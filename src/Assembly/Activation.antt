-- ===== src/Assembly/Activation.antt =====
-- shirita-core/src/assembly.rs: the entries that take part in a request.
pub mod Reasons
pub mod Offers
pub mod Recursion
pub mod Due
use shirita.Prelude.{
  ℕ, zero, suc, ◌+◌, ◌-◌, ◌≡◌, Option, none, some, Bool, true, false, ◌&&◌, ◌||◌, List, [], ◌∷◌,
  ◌++◌, ◌==◌, any, map, keep, find_by, drop, length, min, max, if◌then◌else◌,
}
use shirita.Text.{Text, codes, text_eq, join}
use shirita.Json.{Value, get, str_at, array_at, or_no_items, as_str, as_u64}
use shirita.Tools.{contains}
use shirita.Keyword.{Automaton, Keywords, build, scan}

pub data TriggerMode : Type 0 where
  constant keyword random : TriggerMode

pub record Trigger : Type 0 where
  pub mode : TriggerMode
  pub keys : List Text
  pub probability : ℕ

pub record Entry : Type 0 where
  pub id : Text
  pub trigger : Trigger
  pub content : Text
  pub scan_depth : ℕ
  pub recursive : Bool

unfoldable pub mode_of : Option Text → TriggerMode
mode_of none = constant
mode_of (some s) =
    if text_eq s (codes "keyword")
    then keyword
    else if text_eq s (codes "random")
    then random
    else constant

unfoldable pub texts_of : List Value → List Text
texts_of [] = []
texts_of (v ∷ vs) = let rest = texts_of vs in elim (as_str v) [ none ↦ rest | some s ↦ s ∷ rest ]

unfoldable pub u64_of : Option Value → Option ℕ
u64_of none = none
u64_of (some v) = as_u64 v

abbrev or_hundred : Option ℕ → ℕ
or_hundred none = 100
or_hundred (some n) = n

-- What the trigger of a definition says; without one, as if it were empty.
unfoldable pub trigger_of : Option Value → Trigger
trigger_of none = record { mode = constant; keys = []; probability = 100 }
trigger_of (some t) = record {
  mode = mode_of (str_at t (codes "mode"));
  keys = texts_of (or_no_items (array_at t (codes "keys")));
  probability = min (or_hundred (u64_of (get t (codes "probability")))) 100;
}

unfoldable pub parse_trigger : Value → Trigger
parse_trigger meta = trigger_of (get meta (codes "trigger"))

-- The draws: whether the draw of a number comes out below a percentage.
abbrev pub Draws : Type 0
Draws = ℕ → ℕ → Bool

-- `HashSet::insert`, with whether it is new.
unfoldable pub insert_active : Text → List Text → List Text
insert_active id active = if contains active id then active else id ∷ active

unfoldable pub insert_actives : List Text → List Text → List Text
insert_actives [] active = active
insert_actives (id ∷ ids) active = insert_actives ids (insert_active id active)

unfoldable pub first_choice : Draws → TriggerMode → ℕ → Entry → List Text → List Text
first_choice draws constant n e active = insert_active e.id active
first_choice draws random n e active =
    if draws n e.trigger.probability then insert_active e.id active else active
first_choice draws keyword n e active = active

unfoldable pub draws_one : TriggerMode → ℕ
draws_one random = 1
draws_one constant = 0
draws_one keyword = 0

-- The first loop; `n` draws were made before.
unfoldable pub first_pass : Draws → ℕ → List Entry → List Text → List Text
first_pass draws n [] active = active
first_pass draws n (e ∷ es) active =
    first_pass draws (n + draws_one e.trigger.mode) es
      (first_choice draws e.trigger.mode n e active)

unfoldable pub is_keyword : TriggerMode → Bool
is_keyword keyword = true
is_keyword constant = false
is_keyword random = false

abbrev pub Groups : Type 0
Groups = List (ℕ × Keywords)

abbrev pub keywords_of : Entry → Text × List Text
keywords_of e = (e.id, e.trigger.keys)

unfoldable pub push_group : ℕ → Text × List Text → Groups → Groups
push_group depth k [] = (depth, k ∷ []) ∷ []
push_group depth k ((d, ks) ∷ rest) =
    let others = push_group depth k rest in
    if d == depth then (d, ks ++ k ∷ []) ∷ rest else (d, ks) ∷ others

unfoldable pub group_entry : Entry → Groups → Groups
group_entry e groups =
    if is_keyword e.trigger.mode
    then push_group (max e.scan_depth 1) (keywords_of e) groups
    else groups

unfoldable pub by_depth : List Entry → Groups → Groups
by_depth [] groups = groups
by_depth (e ∷ es) groups = by_depth es (group_entry e groups)

unfoldable pub window : ℕ → List Text → Text
window depth recent = join (codes "\n") (drop (length recent - depth) recent)

unfoldable pub scan_groups : Automaton → List Text → Groups → List Text → List Text
scan_groups ac recent [] active = active
scan_groups ac recent ((depth, ks) ∷ rest) active =
    scan_groups ac recent rest (insert_actives (scan ac (build ac ks) (window depth recent)) active)

-- A round of the recursion: the active ids, the text to scan, and whether a new id came.
pub record Round : Type 0 where
  pub active : List Text
  pub scan_text : Text
  pub grew : Bool

abbrev with_line : Text → Option Entry → Text
with_line scan_text none = scan_text
with_line scan_text (some e) = scan_text ++ (codes "\n" ++ e.content)

unfoldable pub take_hit : List Entry → Text → Round → Round
take_hit entries id r = if contains r.active id then r else record {
  active = id ∷ r.active;
  scan_text = with_line r.scan_text (find_by (λ e. text_eq e.id id) entries);
  grew = true;
}

unfoldable pub take_hits : List Entry → List Text → Round → Round
take_hits entries [] r = r
take_hits entries (id ∷ ids) r = take_hits entries ids (take_hit entries id r)

unfoldable pub recursive_rounds : Automaton → List Entry → Keywords → ℕ → Round → Round
recursive_rounds ac entries ks zero r = r
recursive_rounds ac entries ks (suc n) r =
    let next = take_hits entries (scan ac (build ac ks) r.scan_text) (record r { grew = false }) in
    elim next.grew [ true ↦ recursive_rounds ac entries ks n next | false ↦ next ]

-- The contents of the active recursive entries, each behind a line feed.
unfoldable pub recursive_text : List Text → List Entry → Text
recursive_text active [] = []
recursive_text active (e ∷ es) =
    let rest = recursive_text active es in
    if e.recursive && contains active e.id then codes "\n" ++ (e.content ++ rest) else rest

unfoldable pub recursive_keywords : List Entry → Keywords
recursive_keywords entries =
    map keywords_of (keep (λ e. e.recursive && is_keyword e.trigger.mode) entries)

unfoldable pub recurse : Automaton → List Entry → List Text → List Text
recurse ac entries active =
    if any (λ e. e.recursive) entries
    then (recursive_rounds ac entries (recursive_keywords entries) 3 (record {
      active = active;
      scan_text = recursive_text active entries;
      grew = false;
    })).active
    else active

unfoldable pub activate : Automaton → Draws → List Entry → List Text → List Text
activate ac draws entries recent =
    recurse ac entries (scan_groups ac recent (by_depth entries []) (first_pass draws 0 entries []))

────────

▸ **Exercise brief**: Could you restate, word for word, the lines above from the one with "unfoldable pub insert_actives" to the one with "if draws n e.trigger.probability", both included?

▸ **Exercise solution**:
unfoldable pub insert_actives : List Text → List Text → List Text
insert_actives [] active = active
insert_actives (id ∷ ids) active = insert_actives ids (insert_active id active)

unfoldable pub first_choice : Draws → TriggerMode → ℕ → Entry → List Text → List Text
first_choice draws constant n e active = insert_active e.id active
first_choice draws random n e active =
    if draws n e.trigger.probability then insert_active e.id active else active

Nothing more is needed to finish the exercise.